Task item:
Go through the entries below and collect each line with the string "Option" in it.

(Records from a dataset)
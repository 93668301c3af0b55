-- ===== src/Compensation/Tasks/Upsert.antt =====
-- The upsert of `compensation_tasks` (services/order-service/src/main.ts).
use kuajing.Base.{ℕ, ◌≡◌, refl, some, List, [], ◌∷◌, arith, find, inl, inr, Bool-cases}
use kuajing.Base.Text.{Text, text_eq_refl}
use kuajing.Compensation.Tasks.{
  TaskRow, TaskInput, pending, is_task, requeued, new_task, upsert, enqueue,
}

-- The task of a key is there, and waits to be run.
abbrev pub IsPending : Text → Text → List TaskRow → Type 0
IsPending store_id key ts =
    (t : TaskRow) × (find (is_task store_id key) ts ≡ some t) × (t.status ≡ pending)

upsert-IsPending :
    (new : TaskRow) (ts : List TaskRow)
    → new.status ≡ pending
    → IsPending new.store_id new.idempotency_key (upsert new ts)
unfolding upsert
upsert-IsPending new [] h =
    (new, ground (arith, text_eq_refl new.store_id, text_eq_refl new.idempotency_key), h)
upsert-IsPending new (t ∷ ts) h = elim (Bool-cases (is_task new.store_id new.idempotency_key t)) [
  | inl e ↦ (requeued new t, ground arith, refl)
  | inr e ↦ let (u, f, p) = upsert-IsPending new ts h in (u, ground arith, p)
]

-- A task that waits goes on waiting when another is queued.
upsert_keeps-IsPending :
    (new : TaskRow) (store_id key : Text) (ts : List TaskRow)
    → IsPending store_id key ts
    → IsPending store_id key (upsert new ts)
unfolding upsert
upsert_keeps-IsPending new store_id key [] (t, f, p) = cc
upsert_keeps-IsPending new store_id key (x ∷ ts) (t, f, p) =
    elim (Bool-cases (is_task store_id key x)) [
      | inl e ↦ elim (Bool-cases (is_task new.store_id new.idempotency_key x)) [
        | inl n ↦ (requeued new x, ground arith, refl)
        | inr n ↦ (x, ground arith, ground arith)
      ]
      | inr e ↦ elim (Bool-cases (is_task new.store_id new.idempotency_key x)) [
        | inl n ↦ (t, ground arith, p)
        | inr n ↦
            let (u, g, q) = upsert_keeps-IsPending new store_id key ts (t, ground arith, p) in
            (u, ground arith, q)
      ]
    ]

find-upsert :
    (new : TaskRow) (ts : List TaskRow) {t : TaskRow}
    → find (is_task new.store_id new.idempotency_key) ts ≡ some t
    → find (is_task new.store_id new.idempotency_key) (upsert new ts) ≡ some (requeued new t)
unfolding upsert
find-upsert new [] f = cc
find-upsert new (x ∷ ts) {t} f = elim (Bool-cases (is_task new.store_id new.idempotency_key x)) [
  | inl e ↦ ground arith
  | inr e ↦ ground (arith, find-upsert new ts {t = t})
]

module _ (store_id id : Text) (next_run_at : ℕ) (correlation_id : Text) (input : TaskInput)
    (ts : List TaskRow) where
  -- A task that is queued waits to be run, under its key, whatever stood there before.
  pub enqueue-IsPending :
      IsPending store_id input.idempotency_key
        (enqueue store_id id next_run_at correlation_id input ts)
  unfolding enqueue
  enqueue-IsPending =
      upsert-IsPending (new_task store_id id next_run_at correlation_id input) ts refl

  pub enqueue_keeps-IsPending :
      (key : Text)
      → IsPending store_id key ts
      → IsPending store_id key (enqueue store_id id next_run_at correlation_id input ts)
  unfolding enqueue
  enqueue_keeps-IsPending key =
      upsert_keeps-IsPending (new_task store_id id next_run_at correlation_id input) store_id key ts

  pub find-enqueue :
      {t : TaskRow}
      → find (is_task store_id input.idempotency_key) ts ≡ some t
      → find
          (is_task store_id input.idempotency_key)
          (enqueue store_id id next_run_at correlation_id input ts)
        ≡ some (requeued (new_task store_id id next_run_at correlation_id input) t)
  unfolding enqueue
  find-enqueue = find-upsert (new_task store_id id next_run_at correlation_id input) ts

* * *

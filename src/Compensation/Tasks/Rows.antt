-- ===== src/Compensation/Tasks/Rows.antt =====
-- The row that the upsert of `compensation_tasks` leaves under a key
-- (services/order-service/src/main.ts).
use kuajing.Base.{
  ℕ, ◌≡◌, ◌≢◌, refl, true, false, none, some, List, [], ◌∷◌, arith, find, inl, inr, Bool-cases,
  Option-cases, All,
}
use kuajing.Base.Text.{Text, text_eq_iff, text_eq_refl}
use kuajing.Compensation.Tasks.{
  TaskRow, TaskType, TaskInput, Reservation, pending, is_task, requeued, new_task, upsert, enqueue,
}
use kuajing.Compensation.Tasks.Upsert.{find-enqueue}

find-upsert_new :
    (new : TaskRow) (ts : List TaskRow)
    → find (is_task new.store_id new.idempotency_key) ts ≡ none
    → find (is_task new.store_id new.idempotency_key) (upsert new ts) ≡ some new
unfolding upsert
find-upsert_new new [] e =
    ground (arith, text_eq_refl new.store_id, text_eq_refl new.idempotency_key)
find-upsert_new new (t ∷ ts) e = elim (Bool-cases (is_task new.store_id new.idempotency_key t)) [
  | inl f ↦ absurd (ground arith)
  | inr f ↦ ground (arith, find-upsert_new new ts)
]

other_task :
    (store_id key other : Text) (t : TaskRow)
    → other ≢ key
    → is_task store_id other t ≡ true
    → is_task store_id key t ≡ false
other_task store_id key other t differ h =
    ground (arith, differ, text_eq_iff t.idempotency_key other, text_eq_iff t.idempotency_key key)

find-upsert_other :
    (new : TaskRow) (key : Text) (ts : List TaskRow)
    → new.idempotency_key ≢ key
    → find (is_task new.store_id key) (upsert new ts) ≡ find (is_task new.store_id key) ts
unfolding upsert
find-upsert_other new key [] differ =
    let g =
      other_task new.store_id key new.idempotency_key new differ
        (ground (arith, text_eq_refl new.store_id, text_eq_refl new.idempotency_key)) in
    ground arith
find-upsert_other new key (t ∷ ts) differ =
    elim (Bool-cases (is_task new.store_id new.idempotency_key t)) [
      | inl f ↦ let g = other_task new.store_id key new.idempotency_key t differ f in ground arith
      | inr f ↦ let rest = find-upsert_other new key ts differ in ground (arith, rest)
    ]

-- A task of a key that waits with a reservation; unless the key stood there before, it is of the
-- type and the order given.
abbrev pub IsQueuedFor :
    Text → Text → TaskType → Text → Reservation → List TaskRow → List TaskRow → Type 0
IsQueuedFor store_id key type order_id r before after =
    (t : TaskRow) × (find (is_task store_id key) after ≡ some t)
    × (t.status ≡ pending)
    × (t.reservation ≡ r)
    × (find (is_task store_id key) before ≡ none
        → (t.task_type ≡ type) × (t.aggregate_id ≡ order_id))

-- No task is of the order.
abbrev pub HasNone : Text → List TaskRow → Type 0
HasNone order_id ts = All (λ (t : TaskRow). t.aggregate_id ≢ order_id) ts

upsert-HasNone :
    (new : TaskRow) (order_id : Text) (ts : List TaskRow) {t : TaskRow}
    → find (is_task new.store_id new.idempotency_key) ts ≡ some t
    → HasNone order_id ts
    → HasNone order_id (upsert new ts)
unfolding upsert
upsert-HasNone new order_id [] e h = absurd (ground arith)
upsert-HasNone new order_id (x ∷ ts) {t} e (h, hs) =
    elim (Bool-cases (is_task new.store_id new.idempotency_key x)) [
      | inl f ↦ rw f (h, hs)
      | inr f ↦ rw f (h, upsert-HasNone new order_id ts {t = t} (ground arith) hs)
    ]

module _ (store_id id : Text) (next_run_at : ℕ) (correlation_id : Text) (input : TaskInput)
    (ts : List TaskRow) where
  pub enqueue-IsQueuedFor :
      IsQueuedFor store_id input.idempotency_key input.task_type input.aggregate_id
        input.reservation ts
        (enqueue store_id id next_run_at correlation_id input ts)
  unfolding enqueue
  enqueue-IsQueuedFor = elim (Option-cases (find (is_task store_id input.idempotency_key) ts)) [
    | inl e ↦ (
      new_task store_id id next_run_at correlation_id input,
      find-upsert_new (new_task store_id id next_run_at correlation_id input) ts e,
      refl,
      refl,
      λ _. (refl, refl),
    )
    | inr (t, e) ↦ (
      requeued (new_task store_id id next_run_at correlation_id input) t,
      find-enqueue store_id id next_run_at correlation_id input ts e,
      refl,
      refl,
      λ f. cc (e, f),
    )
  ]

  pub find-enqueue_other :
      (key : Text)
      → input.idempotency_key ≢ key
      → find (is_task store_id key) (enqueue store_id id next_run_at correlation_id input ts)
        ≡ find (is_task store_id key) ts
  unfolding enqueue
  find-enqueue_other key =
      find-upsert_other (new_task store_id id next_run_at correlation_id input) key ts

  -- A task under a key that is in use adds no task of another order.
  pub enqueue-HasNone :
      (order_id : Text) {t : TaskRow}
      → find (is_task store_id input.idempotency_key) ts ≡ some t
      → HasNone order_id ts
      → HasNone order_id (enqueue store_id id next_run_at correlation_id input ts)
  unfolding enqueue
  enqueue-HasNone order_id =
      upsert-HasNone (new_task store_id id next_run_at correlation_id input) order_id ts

--

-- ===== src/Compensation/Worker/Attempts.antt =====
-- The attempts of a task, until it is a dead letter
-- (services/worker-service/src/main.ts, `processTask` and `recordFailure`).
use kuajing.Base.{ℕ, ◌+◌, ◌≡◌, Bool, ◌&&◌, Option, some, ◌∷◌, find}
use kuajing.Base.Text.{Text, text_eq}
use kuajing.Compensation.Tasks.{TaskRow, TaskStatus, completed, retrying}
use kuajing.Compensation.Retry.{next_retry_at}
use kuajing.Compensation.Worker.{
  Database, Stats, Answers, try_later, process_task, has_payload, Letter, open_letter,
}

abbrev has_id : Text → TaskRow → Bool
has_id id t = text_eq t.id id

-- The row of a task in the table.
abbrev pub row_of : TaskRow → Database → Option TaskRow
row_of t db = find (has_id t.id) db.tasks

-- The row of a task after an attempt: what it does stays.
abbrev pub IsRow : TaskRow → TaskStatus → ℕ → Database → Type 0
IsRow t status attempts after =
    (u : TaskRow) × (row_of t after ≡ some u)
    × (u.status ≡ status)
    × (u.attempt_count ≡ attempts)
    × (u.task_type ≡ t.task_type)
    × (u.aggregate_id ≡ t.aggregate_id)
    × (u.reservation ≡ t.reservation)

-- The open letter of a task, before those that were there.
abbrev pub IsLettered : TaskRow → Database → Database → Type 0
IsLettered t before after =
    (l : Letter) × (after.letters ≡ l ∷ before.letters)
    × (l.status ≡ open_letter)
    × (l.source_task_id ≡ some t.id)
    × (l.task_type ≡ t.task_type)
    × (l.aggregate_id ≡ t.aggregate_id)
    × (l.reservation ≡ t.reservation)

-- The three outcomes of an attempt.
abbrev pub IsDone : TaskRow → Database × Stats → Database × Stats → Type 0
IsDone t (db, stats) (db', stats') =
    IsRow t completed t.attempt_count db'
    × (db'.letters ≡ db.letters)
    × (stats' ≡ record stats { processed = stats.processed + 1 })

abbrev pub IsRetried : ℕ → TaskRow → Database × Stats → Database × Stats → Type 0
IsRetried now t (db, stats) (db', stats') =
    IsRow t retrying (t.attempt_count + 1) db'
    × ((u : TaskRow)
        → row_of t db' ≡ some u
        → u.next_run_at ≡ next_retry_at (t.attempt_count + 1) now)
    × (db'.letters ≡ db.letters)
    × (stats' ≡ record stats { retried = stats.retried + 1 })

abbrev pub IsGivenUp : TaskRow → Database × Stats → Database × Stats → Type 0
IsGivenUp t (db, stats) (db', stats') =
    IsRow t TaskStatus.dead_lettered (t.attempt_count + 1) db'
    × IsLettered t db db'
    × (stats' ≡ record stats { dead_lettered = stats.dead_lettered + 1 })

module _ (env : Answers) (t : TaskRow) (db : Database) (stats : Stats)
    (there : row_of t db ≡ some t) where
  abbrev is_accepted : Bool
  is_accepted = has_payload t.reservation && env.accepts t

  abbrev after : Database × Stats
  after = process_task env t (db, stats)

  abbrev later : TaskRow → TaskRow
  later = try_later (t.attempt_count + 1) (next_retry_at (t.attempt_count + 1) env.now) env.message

Exercise response:
  Option-cases, All,
  enqueue-IsQueuedFor = elim (Option-cases (find (is_task store_id input.idempotency_key) ts)) [
use kuajing.Base.{ℕ, ◌+◌, ◌≡◌, Bool, ◌&&◌, Option, some, ◌∷◌, find}
abbrev pub row_of : TaskRow → Database → Option TaskRow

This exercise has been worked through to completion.